# How to "turn on" stadium lights in photoshop?



## Destin (Sep 2, 2017)

Alright guys, so I'm admittedly not much of a photoshop guy. I do 99.99% of my editing in lightroom and very rarely alter images to the point of needing photoshop. That being said, I'm trying something new with this recent senior shoot I'm editing. I want to photoshop it to look like the stadium lights in this photo are on, and everything I try just looks fake and cheesy. 







Is there a proper way to do this? Anyone want to enlighten me?

Thanks!


----------



## qmr55 (Sep 2, 2017)

Like this?


----------



## zombiesniper (Sep 2, 2017)

The problem you're going to have is even if you get the lights to look real, the subject lighting will be giving it away. In order to make this look like the stadium lights were on you would have had to have also lit the subject from a similar angle to the lights.


----------



## qmr55 (Sep 2, 2017)

PS- I also think your horizon is tilted just a tad.


----------



## Destin (Sep 2, 2017)

zombiesniper said:


> The problem you're going to have is even if you get the lights to look real, the subject lighting will be giving it away. In order to make this look like the stadium lights were on you would have had to have also lit the subject from a similar angle to the lights.



I'm not necessarily trying to make it look like the lights are the only thing lighting him. I just want to make the lights look like they were on when I took the photo so that it looks more like a game night photo or something... just to add o the mood.


----------



## Destin (Sep 2, 2017)

qmr55 said:


> Like this?
> 
> View attachment 146226



That's not bad, but still doesn't look real to me.

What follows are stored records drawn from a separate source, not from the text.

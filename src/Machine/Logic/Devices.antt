-- ===== src/Machine/Logic/Devices.antt =====
-- machine/logic/device.cc.
use sicxe.Base.{ℕ, ◌%◌, ◌^◌, Bool, Option, none, some, update, if◌then◌else◌}
use sicxe.Isa.{Operands}
use sicxe.Machine.Device.{Files, Device, Console, test, read, write}
use sicxe.Machine.State.{
  Machine, Outcome, done, ExecuteResult, Condition, less, greater, reg_a, set_condition,
  set_register,
}
use sicxe.Machine.Logic.Operand.{byte_operand, with_fs34}

-- `TestDevice::Execute`.
unfoldable pub test_device : Operands → Machine → Outcome
test_device = with_fs34 λ o m.
    let ready : Condition = elim (m.devices (byte_operand o m)) [
      | none ↦ greater
      | some device ↦ if test device then less else greater
    ] in
    done ExecuteResult.ok (set_condition ready m)

-- What follows from a read of one byte, into a `uint8`.
unfoldable pub after_read : ℕ → Machine → Option ℕ × Device × Console → Outcome
after_read id m (none, device, console) =
    done ExecuteResult.device_error
      (record m { devices = update m.devices id (some device); console = console })
after_read id m (some value, device, console) = done ExecuteResult.ok (
    set_register reg_a (value % 2 ^ 8)
      (record m { devices = update m.devices id (some device); console = console }))

-- What follows from a write of one byte.
unfoldable pub after_write : ℕ → Machine → Bool × Device × Console → Outcome
after_write id m (taken, device, console) =
    done (if taken then ExecuteResult.ok else ExecuteResult.device_error)
      (record m { devices = update m.devices id (some device); console = console })

module _ (files : Files) where
  -- `ReadDevice::Execute`.
  unfoldable pub read_device : Operands → Machine → Outcome
  unfolding after_read
  read_device = with_fs34 λ o m.
      let id = byte_operand o m in
      elim (m.devices id) [
        | none ↦ done ExecuteResult.device_error m
        | some device ↦ after_read id m (read files device m.console)
      ]

  -- `WriteDevice::Execute`.
  unfoldable pub write_device : Operands → Machine → Outcome
  unfolding after_write
  write_device = with_fs34 λ o m.
      let id = byte_operand o m in
      elim (m.devices id) [
        | none ↦ done ExecuteResult.device_error m
        | some device ↦ after_write id m (write files device (m.registers reg_a % 2 ^ 8) m.console)
      ]
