-- ===== src/Machine/Logic.antt =====
-- machine/logic.h and logic_db.{h,cc}: the classes of instruction logic, and the table of them by
-- opcode.
pub mod Operand
pub mod Rules
pub mod Validity
pub mod Failure
pub mod Runs
pub mod Arithmetic
pub mod Compare
pub mod Transfer
pub mod Jump
pub mod Floats
pub mod Devices
pub mod Defaults
use sicxe.Base.{ℕ, Bool, Option, none, some, List, [], ◌∷◌, update}
use sicxe.Isa.{Operands, Format, f1, f2, fs34}
use sicxe.Machine.Float.{Fpu}
use sicxe.Machine.Device.{Files}
use sicxe.Machine.State.{Machine, Outcome, Condition}
use Arithmetic.{ArithmeticOperation, arithmetic_mem, arithmetic_reg, register_negate, shift}
use Compare.{compare_mem, compare_reg, increment_compare_mem, increment_compare_reg}
use Transfer.{clear_reg, move_reg, load_word, load_byte, store_word, store_byte, store_flags}
use Jump.{
  jump, jump_conditional, return_, interrupt_enable, interrupt_disable, interrupt_return,
  interrupt_link_store,
}
use Floats.{
  FloatOperation, load_float, store_float, float_to_int, int_to_float, float_arithmetic,
  float_compare,
}
use Devices.{test_device, read_device, write_device}

-- A constructor for each class that derives from `InstructionLogic`, with its members.
pub data Logic : Type 0 where
  clears moves negates : Logic
  arithmetic_memory arithmetic_registers : ArithmeticOperation → Logic
  shifts : Bool → Logic
  compares_memory compares_registers increments_memory increments_register : Logic
  jumps : Bool → Logic
  jumps_if : Condition → Logic
  returns : Logic
  loads_word stores_word : ℕ → Logic
  loads_byte stores_byte stores_flags : Logic
  tests_device reads_device writes_device : Logic
  float_to_integer integer_to_float : Logic
  calculates_float : FloatOperation → Logic
  compares_float loads_float stores_float : Logic
  enables disables returns_from_interrupt stores_link : Logic

module _ (fpu : Fpu) (files : Files) where
  -- The virtual call `logic->Execute`.
  unfoldable pub execute_logic : Logic → Operands → Machine → Outcome
  execute_logic clears = clear_reg
  execute_logic moves = move_reg
  execute_logic negates = register_negate
  execute_logic (arithmetic_memory op) = arithmetic_mem op
  execute_logic (arithmetic_registers op) = arithmetic_reg op
  execute_logic (shifts direction_right) = shift direction_right
  execute_logic compares_memory = compare_mem
  execute_logic compares_registers = compare_reg
  execute_logic increments_memory = increment_compare_mem
  execute_logic increments_register = increment_compare_reg
  execute_logic (jumps save) = jump save
  execute_logic (jumps_if condition) = jump_conditional condition
  execute_logic returns = return_
  execute_logic (loads_word r) = load_word r
  execute_logic (stores_word r) = store_word r
  execute_logic loads_byte = load_byte
  execute_logic stores_byte = store_byte
  execute_logic stores_flags = store_flags
  execute_logic tests_device = test_device
  execute_logic reads_device = read_device files
  execute_logic writes_device = write_device files
  execute_logic float_to_integer = float_to_int fpu
  execute_logic integer_to_float = int_to_float fpu
  execute_logic (calculates_float op) = float_arithmetic fpu op
  execute_logic compares_float = float_compare fpu
  execute_logic loads_float = load_float
  execute_logic stores_float = store_float
  execute_logic enables = interrupt_enable
  execute_logic disables = interrupt_disable
  execute_logic returns_from_interrupt = interrupt_return
  execute_logic stores_link = interrupt_link_store

abbrev pub LogicDb : Type 0
LogicDb = ℕ → Option Logic

unfoldable pub empty_logic_db : LogicDb
empty_logic_db opcode = none

-- `LogicDB::Register`; `none` is a failed assertion.
unfoldable pub register_logic : ℕ → Logic → LogicDb → Option LogicDb
register_logic opcode logic db = elim (db opcode) [
  | none ↦ some (update db opcode (some logic))
  | some taken ↦ none
]

unfoldable pub register_logics : List (ℕ × Logic) → LogicDb → Option LogicDb
unfolding register_logic
register_logics [] db = some db
register_logics ((opcode, logic) ∷ rest) db = elim (register_logic opcode logic db) [
  | none ↦ none
  | some db' ↦ register_logics rest db'
]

Can I ask how you did it though?

I was playing with the lens flare filters in the attempts where I got my best results.


----------



## qmr55 (Sep 2, 2017)

Truthfully, I just used the brush tool set to white and 0% hardness and sized the brush to be a little under the size of the "socket."


----------



## qmr55 (Sep 2, 2017)

I think, if these are shots you did for the players and their parents,  that you wouldn't need them to look 100% legit.  Most people wouldn't even give it a thought that it was "faked."


----------



## Light Guru (Sep 2, 2017)

Because there is NO lighting behind the subject its NOT going to look real you photoshopped the lights on. 

Honestly I would say photoshop the lights and the power poll out the severe tilting caused from the lens distortion on them is quite distracting.  Having them on would just draw more attention to the distraction.


----------



## Destin (Sep 3, 2017)

Light Guru said:


> Because there is NO lighting behind the subject its NOT going to look real you photoshopped the lights on.
> 
> Honestly I would say photoshop the lights and the power poll out the severe tilting caused from the lens distortion on them is quite distracting.  Having them on would just draw more attention to the distraction.



Thank you for your super useful information on how to make the lights being on look realistic.  

You're right. The best way to make it look real is to completely remove the secondary subject of the photo that I intentionally used a wide angle lens to include. 

I'm not asking how to make the light's interaction with the subject look real. I know that is obviously going to give away to anyone with common sense that this is a composite. 

I'm just trying to figure out the best way to make it look like the lights are on without it looking like I just dropped a lens flare filter over top of the light and increased the exposure around it a bit. 

Custom brushes? Multiple layers? 

Can anyone actually answer the question without giving me their opinion on why doing what I want to do is a bad idea?


----------



## Destin (Sep 3, 2017)

zombiesniper said:


> The problem you're going to have is even if you get the lights to look real, the subject lighting will be giving it away. In order to make this look like the stadium lights were on you would have had to have also lit the subject from a similar angle to the lights.



Which would have lead to the subject being completely backlit and silhouetted. The light comes from a close enough direction that the average person will definitely notice the light looks a little weird, but likely won't know why/how.


----------



## Destin (Sep 3, 2017)

This is the best I've been able to do so far, and it's better than my early attempts, but I'm really not happy with it. 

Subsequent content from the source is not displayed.